Utilizing the WEB function in the simulation device, this solution uses the B/S (browser/server) method to achieve remote monitoring center PC access to the sensor. This can minimize the requirements for the monitoring center PC and eliminate the need for client software design. The monitoring PC can easily query and monitor the sensor information through its browser (such as IE). The following is a simple dynamic web page program stored in the temperature sensor, in which the "@" is used to insert the temperature mark in the web page, and the web page file is stored in the E2PROM in the sensor.

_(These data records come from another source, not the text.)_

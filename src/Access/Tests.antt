-- ===== src/Access/Tests.antt =====
-- Taps and edits on a small roster, and instances of the theorems. SHA-256 is instantiated by a
-- function that repeats the credential.
use rfid_access.Base.{
  is_empty, ℕ, ◌≡◌, refl, true, false, not, ◌&&◌, List, [], ◌∷◌, ◌++◌, none, some, arith, drop,
  replicate, if◌then◌else◌, Text,
}
use rfid_access.Ring.{fresh}
use rfid_access.Ring.History
use rfid_access.Roster.{Roster, allows, hash_of}
use rfid_access.Roster.Search.{Sorted}
use rfid_access.Roster.Order.{IsValid}
use rfid_access.Spool.{EventLog, record_bytes, new_record}
use rfid_access.Spool.View
use rfid_access.Access.{Access, RosterUpdate, Stamp, log_size, process_event, replace_roster}
use rfid_access.Access.Decision.{no_tap, tap_event, process_event_lem}
use rfid_access.Access.Edits.{names_hash, replace_roster_decides}

abbrev echo : List ℕ → List ℕ
echo bs = drop 8 bs ++ replicate 32 0

abbrev blank : Roster
blank = record { entries = []; rev = 0; salt = 7; persistent = true; allocated = true }

abbrev log : EventLog
log = record {
  file = none;
  boot_id = 1;
  next_idx = 0;
  total = 0;
  acked = 0;
  overflow = false;
  ready = true;
  nv_boot_id = 1;
  nv_acked = 0;
}

abbrev door : Access
door = record { roster = blank; spool = log; taps = fresh log_size no_tap; last_unknown_uid = [] }

abbrev fob : Text
fob = b'4' ∷ b'2' ∷ []

abbrev ann : Text
ann = b'A' ∷ b'n' ∷ b'n' ∷ []

abbrev rows : List RosterUpdate
rows = record { cred = some fob; name = some ann } ∷ record { cred = none; name = none } ∷ []

abbrev stamp : Stamp
stamp = record { ms = 5000; now = 0; written = some 40 }

log-Holds : View.Holds log []
log-Holds = ([], tt, refl, refl, omega arith, refl)

taps-Holds : History.Holds log_size no_tap [] (fresh log_size no_tap)
taps-Holds = History.fresh-Holds log_size no_tap (omega arith)

blank-IsValid : IsValid blank
blank-IsValid = record { strict = tt; fits = omega arith }

process_event_lem_example :
    let granted = allows echo blank fob in
    let (a', verdict) = process_event echo door true fob ann stamp in
    (verdict ≡ granted)
    × (a'.roster ≡ blank)
    × (a'.last_unknown_uid ≡ (if granted then [] else fob))
    × History.Holds log_size no_tap
        (record { uid = fob; type = ann; granted = granted; ms = 5000 } ∷ [])
        a'.taps
    × View.Holds a'.spool
        (View.room_in [] ++ (record_bytes (new_record log (tap_event fob granted stamp)) ∷ []))
process_event_lem_example =
    process_event_lem echo door fob ann 5000 0 40 [] [] refl (omega arith) log-Holds taps-Holds

replace_roster_decides_example :
    let (a', ok) = replace_roster echo door rows 3 true true true stamp in
    (allows echo a'.roster fob
      ≡ (not (is_empty fob) && names_hash echo 7 (hash_of echo 7 fob) rows))
    × (ok ≡ true)
    × Sorted a'.roster.entries
replace_roster_decides_example =
    replace_roster_decides echo door rows 3 true stamp fob tt refl (omega arith)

When the browser of the monitoring center sends a page request, the processor on the NCAP embeds the monitoring value from the STIM end into the "@" in the corresponding web page file during TCP packaging, and then adds the corresponding HTTP header to the web page file and returns it to the requesting user, so that the user can see the actual monitoring value on the browser.

4 Conclusion

The wireless network sensor design based on Bluetooth protocol proposed in this paper has safe and reliable information transmission and strong feasibility. Its special advantage of wireless can meet the needs of certain special situations and has broad application prospects and good market value. If the developed simulation experimental device is further verified and improved through clinical practice, it can be used in the patient remote monitoring system to realize real-time detection, monitoring, recording and storage of human body temperature. If blood pressure, heart rate and other sensors are added on this basis, the monitoring and recording of human blood pressure, heart rate and other parameters can be realized.